Your task is to copy the stretch of lines in the records below that begins with the line containing "q.queue_status) a7 in" and ends with the line containing "device_name machine_id apid", exactly as written, with nothing added.

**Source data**
···
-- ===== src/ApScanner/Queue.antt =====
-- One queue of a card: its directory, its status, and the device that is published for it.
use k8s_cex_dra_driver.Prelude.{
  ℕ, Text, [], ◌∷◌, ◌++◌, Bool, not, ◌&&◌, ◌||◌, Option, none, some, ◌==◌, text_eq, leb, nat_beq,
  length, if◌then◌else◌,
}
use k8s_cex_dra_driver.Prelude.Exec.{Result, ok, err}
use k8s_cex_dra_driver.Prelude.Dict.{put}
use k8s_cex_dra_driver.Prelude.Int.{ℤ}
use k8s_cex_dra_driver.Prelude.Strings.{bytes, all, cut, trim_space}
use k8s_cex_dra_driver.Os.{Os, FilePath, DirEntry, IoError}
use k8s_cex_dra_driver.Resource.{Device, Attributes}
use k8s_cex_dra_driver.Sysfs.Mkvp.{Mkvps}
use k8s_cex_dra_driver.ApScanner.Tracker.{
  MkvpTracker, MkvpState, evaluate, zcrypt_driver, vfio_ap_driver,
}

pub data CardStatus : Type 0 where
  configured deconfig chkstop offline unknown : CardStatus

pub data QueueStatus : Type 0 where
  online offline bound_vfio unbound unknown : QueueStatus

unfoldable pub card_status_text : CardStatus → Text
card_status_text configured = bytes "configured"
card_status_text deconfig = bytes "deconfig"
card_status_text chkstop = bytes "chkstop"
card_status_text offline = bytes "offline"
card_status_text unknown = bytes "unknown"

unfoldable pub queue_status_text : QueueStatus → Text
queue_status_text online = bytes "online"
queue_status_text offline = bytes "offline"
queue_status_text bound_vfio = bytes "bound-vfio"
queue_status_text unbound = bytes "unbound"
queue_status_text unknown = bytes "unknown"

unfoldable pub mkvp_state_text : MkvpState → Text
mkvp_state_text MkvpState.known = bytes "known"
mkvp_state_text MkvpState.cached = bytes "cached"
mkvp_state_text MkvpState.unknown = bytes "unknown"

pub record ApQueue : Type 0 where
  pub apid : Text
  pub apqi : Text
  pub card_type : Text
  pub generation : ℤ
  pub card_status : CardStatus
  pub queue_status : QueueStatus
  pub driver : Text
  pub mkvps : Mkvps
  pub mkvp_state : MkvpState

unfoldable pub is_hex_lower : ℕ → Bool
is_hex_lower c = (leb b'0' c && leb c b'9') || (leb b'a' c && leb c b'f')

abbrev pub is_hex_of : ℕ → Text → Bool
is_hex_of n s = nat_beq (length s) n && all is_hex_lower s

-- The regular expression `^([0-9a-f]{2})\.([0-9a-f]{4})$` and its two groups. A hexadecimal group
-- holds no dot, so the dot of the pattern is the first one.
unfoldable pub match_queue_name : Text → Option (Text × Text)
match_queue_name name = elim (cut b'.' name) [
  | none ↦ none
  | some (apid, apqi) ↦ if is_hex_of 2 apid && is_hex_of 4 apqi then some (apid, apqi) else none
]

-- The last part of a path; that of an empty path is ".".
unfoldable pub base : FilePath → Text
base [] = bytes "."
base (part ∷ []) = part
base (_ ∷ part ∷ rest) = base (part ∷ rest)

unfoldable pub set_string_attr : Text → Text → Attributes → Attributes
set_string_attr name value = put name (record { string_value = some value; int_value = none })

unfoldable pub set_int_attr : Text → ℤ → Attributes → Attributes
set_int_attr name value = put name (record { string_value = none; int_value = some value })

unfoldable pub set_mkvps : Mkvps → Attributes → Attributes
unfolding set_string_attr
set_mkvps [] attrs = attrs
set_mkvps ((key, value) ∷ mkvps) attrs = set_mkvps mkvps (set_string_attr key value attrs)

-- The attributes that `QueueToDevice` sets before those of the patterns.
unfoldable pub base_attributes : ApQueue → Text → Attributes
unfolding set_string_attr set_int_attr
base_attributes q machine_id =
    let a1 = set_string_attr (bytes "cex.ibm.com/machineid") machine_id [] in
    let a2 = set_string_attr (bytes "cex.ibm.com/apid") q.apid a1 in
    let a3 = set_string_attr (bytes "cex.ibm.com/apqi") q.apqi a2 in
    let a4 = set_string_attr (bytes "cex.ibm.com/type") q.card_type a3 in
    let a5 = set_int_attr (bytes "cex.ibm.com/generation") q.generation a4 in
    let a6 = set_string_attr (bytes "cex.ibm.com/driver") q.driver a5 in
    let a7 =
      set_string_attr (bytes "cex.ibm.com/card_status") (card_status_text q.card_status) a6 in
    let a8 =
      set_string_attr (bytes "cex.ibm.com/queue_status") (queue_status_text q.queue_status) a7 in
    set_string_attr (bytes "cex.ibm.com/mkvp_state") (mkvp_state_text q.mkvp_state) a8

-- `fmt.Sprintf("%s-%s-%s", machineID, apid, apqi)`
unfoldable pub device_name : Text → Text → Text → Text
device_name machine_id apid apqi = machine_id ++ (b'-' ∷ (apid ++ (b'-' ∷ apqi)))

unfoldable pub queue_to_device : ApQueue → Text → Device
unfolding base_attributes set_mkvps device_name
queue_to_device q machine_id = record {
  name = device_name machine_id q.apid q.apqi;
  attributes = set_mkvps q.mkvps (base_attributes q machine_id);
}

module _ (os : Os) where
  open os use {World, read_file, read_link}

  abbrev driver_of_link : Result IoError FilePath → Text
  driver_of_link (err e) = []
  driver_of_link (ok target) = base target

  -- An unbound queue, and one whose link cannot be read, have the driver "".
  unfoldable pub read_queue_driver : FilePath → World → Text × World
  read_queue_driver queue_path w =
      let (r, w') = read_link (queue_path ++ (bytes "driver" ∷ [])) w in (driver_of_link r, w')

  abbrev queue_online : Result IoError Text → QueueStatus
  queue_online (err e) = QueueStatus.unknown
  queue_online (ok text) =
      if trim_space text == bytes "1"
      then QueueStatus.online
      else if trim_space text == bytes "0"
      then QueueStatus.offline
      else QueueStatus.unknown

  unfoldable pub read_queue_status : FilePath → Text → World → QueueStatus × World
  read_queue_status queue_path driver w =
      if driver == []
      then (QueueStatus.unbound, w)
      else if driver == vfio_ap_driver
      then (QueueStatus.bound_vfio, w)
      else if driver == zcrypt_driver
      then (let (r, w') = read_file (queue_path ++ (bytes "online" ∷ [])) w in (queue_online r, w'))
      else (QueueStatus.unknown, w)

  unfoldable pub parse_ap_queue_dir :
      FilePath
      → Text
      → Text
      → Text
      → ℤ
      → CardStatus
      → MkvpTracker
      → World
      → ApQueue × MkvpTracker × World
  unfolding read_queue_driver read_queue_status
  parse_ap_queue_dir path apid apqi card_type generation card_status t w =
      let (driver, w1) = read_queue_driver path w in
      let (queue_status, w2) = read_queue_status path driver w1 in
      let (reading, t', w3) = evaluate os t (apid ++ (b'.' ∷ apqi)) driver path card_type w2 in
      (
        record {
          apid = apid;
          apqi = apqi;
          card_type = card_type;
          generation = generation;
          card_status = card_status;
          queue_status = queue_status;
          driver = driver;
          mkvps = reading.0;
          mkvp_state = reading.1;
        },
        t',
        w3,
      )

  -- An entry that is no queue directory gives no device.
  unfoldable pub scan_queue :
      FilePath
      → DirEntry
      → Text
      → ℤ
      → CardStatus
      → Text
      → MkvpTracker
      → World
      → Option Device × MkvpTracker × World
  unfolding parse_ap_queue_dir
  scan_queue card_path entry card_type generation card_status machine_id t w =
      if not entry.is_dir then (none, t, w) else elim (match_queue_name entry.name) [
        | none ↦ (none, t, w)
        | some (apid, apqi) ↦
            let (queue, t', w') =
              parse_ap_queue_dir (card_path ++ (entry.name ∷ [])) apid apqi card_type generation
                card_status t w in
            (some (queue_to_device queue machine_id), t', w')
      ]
···
**SOLUTION FOR THIS TASK**
      set_string_attr (bytes "cex.ibm.com/queue_status") (queue_status_text q.queue_status) a7 in
    set_string_attr (bytes "cex.ibm.com/mkvp_state") (mkvp_state_text q.mkvp_state) a8

-- `fmt.Sprintf("%s-%s-%s", machineID, apid, apqi)`
unfoldable pub device_name : Text → Text → Text → Text
device_name machine_id apid apqi = machine_id ++ (b'-' ∷ (apid ++ (b'-' ∷ apqi)))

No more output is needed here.